■ **Exercise prompt**:
Go through the entries below from the first line and output each one exactly, up to and including the line with "strip_cr [] = []".
▼
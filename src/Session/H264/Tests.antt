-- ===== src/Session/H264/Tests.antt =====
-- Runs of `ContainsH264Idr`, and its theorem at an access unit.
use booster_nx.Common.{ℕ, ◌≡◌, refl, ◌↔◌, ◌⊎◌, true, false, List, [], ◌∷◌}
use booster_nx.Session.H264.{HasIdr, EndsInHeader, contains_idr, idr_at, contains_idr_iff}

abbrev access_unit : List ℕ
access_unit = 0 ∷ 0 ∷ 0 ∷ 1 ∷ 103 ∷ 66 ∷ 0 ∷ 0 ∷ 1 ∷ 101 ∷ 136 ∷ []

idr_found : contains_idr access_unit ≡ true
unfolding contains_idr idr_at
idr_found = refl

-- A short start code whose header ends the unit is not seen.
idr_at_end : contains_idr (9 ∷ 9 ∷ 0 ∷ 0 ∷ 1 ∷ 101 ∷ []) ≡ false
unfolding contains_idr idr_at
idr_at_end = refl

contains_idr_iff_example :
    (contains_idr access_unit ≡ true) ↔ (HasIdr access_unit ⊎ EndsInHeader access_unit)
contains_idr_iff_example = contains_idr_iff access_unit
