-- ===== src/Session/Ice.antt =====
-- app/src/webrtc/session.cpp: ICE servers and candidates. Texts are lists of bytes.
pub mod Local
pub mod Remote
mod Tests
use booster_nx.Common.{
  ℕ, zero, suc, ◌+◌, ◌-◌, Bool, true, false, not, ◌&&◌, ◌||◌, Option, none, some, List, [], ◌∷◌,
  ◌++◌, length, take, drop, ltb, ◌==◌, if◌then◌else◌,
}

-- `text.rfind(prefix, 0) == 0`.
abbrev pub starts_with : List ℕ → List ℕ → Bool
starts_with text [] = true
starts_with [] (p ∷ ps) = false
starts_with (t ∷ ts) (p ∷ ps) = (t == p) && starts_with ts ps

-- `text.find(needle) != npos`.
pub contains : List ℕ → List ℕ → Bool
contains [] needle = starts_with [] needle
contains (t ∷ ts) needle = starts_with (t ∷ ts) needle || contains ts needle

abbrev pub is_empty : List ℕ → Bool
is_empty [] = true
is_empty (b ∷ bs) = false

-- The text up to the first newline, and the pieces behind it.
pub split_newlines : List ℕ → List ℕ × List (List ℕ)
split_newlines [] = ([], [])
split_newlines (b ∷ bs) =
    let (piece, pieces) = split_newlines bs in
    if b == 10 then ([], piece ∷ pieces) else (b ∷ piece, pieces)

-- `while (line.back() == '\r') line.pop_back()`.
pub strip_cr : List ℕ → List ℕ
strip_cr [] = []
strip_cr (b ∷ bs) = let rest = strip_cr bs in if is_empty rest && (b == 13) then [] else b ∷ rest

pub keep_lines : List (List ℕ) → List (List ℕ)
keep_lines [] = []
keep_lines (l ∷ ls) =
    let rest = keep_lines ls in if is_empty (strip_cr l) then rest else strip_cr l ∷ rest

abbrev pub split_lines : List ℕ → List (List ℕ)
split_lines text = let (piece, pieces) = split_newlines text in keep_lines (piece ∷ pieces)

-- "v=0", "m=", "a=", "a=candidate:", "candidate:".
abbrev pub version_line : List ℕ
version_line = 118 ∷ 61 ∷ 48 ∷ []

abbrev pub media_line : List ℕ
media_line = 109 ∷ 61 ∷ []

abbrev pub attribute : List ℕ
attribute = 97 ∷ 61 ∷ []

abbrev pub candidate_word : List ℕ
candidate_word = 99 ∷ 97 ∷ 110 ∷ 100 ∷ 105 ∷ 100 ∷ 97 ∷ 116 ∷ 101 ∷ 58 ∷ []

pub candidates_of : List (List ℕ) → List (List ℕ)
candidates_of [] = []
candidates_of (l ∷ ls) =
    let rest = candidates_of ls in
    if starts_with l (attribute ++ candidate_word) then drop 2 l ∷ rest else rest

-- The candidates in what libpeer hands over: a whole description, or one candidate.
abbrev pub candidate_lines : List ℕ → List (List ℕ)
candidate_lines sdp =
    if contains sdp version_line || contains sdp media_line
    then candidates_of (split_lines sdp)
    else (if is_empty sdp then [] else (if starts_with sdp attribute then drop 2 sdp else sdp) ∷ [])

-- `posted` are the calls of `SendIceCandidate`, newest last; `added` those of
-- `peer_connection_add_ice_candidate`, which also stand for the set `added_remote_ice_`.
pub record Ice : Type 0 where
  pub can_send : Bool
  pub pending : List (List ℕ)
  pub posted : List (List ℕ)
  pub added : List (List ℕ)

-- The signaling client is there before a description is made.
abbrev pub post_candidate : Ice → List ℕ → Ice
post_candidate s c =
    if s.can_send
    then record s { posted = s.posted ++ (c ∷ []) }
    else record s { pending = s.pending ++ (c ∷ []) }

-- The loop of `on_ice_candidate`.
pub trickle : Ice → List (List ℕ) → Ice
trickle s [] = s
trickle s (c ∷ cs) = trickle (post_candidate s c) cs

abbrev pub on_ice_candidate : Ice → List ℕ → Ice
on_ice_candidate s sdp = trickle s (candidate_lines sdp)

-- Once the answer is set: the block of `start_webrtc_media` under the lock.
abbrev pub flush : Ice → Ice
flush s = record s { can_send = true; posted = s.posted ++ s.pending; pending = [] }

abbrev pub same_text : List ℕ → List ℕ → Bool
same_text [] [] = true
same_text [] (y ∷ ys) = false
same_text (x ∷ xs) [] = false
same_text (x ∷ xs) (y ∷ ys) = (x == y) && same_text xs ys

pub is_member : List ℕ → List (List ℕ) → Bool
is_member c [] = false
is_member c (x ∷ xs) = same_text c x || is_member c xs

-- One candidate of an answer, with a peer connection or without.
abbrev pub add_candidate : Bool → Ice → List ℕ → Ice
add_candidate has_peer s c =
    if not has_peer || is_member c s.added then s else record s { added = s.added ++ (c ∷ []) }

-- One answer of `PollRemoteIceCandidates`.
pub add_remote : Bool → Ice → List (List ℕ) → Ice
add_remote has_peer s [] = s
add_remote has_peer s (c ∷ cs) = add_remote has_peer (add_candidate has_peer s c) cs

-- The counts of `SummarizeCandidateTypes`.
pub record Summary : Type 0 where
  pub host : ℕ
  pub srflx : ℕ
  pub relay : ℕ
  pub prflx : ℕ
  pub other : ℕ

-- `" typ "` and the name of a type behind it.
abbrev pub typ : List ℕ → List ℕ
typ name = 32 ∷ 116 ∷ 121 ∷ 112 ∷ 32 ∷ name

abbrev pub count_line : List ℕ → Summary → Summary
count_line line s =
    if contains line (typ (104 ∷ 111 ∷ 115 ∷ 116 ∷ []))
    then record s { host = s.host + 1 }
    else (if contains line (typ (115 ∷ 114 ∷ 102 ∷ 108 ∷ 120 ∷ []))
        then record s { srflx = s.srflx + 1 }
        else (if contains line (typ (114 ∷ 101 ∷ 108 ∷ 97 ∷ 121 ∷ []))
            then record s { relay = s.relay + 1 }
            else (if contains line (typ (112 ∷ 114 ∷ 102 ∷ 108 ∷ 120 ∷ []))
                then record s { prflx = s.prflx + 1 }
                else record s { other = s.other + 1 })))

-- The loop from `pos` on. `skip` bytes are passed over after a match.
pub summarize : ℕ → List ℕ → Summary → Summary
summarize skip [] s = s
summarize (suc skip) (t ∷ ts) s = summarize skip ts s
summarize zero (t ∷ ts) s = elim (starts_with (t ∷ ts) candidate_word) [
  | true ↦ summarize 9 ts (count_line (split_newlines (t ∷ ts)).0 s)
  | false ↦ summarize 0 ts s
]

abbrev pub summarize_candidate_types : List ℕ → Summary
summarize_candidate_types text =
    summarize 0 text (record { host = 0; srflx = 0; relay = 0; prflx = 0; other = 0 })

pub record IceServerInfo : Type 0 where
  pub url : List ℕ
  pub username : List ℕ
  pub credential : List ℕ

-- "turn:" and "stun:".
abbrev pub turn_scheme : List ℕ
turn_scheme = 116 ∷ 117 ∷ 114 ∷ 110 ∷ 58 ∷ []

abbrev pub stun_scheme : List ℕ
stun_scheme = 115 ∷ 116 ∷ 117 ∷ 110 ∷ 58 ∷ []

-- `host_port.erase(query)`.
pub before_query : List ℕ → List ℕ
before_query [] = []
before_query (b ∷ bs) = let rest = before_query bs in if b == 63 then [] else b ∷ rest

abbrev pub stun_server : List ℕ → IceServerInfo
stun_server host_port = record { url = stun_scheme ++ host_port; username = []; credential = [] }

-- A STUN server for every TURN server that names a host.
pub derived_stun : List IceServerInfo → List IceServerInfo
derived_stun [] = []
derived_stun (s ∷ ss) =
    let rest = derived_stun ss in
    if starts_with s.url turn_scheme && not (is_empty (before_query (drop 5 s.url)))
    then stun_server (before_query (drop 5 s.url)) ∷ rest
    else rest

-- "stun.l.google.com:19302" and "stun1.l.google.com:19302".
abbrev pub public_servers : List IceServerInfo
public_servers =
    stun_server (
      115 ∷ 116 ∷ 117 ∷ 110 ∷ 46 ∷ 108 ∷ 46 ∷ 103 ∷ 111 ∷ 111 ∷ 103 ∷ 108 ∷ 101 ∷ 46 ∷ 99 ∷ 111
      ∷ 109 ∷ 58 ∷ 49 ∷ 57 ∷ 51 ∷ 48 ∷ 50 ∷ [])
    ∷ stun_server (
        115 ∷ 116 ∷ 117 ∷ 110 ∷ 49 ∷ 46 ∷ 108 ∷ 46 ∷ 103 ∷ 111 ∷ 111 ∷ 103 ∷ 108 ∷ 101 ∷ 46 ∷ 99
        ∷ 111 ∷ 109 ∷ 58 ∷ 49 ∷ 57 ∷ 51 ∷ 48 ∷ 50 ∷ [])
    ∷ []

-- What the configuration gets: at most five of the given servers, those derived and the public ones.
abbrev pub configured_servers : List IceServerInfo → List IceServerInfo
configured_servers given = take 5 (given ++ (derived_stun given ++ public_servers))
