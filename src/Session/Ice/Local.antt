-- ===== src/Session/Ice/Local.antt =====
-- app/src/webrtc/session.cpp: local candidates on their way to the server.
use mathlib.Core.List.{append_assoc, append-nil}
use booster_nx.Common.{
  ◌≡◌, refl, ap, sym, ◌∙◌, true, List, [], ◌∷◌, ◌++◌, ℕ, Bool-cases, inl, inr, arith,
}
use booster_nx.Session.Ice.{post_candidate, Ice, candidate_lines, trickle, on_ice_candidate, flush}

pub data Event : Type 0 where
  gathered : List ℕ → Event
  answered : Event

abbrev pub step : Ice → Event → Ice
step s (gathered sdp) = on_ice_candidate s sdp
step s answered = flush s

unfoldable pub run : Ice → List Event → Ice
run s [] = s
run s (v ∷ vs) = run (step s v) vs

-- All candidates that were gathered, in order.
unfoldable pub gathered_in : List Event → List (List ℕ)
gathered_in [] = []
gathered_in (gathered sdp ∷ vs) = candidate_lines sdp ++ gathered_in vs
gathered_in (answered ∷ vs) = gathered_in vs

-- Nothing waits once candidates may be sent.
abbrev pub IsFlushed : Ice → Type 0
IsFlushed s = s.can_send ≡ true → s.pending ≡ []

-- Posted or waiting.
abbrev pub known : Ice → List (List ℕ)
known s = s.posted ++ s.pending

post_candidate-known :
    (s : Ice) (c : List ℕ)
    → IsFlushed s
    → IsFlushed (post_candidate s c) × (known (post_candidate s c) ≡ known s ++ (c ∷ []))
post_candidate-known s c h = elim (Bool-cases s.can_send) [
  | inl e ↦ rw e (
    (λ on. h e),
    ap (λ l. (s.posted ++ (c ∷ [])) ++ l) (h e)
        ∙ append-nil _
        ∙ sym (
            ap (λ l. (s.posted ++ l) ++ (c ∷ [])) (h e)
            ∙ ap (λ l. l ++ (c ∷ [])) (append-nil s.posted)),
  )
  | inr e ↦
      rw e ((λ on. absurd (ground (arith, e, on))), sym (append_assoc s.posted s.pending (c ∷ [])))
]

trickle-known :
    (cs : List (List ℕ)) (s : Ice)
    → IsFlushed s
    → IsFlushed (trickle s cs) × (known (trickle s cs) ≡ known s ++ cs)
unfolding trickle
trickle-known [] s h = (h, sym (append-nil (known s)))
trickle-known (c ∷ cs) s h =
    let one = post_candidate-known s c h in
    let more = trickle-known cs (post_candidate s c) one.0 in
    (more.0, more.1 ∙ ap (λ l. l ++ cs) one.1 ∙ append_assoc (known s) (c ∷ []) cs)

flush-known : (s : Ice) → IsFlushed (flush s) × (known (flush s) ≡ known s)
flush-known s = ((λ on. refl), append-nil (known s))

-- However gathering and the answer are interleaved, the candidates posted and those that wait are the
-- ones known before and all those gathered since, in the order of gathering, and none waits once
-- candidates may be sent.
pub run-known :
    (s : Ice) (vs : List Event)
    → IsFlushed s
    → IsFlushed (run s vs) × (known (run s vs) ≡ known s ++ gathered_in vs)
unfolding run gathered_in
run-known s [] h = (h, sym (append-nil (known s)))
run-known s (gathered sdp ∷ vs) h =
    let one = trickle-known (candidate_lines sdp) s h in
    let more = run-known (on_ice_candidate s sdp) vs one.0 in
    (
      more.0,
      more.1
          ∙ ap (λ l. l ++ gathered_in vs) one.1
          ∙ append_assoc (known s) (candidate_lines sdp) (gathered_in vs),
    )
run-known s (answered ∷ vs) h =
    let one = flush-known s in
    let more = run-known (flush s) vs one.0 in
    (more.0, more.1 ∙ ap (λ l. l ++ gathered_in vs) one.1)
▲
■ **Answer below**:
filename src/Session/H264/Tests.antt
-- ===== src/Session/H264/Tests.antt =====
-- Runs of `ContainsH264Idr`, and its theorem at an access unit.
use booster_nx.Common.{ℕ, ◌≡◌, refl, ◌↔◌, ◌⊎◌, true, false, List, [], ◌∷◌}
use booster_nx.Session.H264.{HasIdr, EndsInHeader, contains_idr, idr_at, contains_idr_iff}

abbrev access_unit : List ℕ
access_unit = 0 ∷ 0 ∷ 0 ∷ 1 ∷ 103 ∷ 66 ∷ 0 ∷ 0 ∷ 1 ∷ 101 ∷ 136 ∷ []

idr_found : contains_idr access_unit ≡ true
unfolding contains_idr idr_at
idr_found = refl

-- A short start code whose header ends the unit is not seen.
idr_at_end : contains_idr (9 ∷ 9 ∷ 0 ∷ 0 ∷ 1 ∷ 101 ∷ []) ≡ false
unfolding contains_idr idr_at
idr_at_end = refl

contains_idr_iff_example :
    (contains_idr access_unit ≡ true) ↔ (HasIdr access_unit ⊎ EndsInHeader access_unit)
contains_idr_iff_example = contains_idr_iff access_unit
-- ===== src/Session/Ice.antt =====
-- app/src/webrtc/session.cpp: ICE servers and candidates. Texts are lists of bytes.
pub mod Local
pub mod Remote
mod Tests
use booster_nx.Common.{
  ℕ, zero, suc, ◌+◌, ◌-◌, Bool, true, false, not, ◌&&◌, ◌||◌, Option, none, some, List, [], ◌∷◌,
  ◌++◌, length, take, drop, ltb, ◌==◌, if◌then◌else◌,
}

-- `text.rfind(prefix, 0) == 0`.
abbrev pub starts_with : List ℕ → List ℕ → Bool
starts_with text [] = true
starts_with [] (p ∷ ps) = false
starts_with (t ∷ ts) (p ∷ ps) = (t == p) && starts_with ts ps

-- `text.find(needle) != npos`.
pub contains : List ℕ → List ℕ → Bool
contains [] needle = starts_with [] needle
contains (t ∷ ts) needle = starts_with (t ∷ ts) needle || contains ts needle

abbrev pub is_empty : List ℕ → Bool
is_empty [] = true
is_empty (b ∷ bs) = false

-- The text up to the first newline, and the pieces behind it.
pub split_newlines : List ℕ → List ℕ × List (List ℕ)
split_newlines [] = ([], [])
split_newlines (b ∷ bs) =
    let (piece, pieces) = split_newlines bs in
    if b == 10 then ([], piece ∷ pieces) else (b ∷ piece, pieces)

-- `while (line.back() == '\r') line.pop_back()`.
pub strip_cr : List ℕ → List ℕ
strip_cr [] = []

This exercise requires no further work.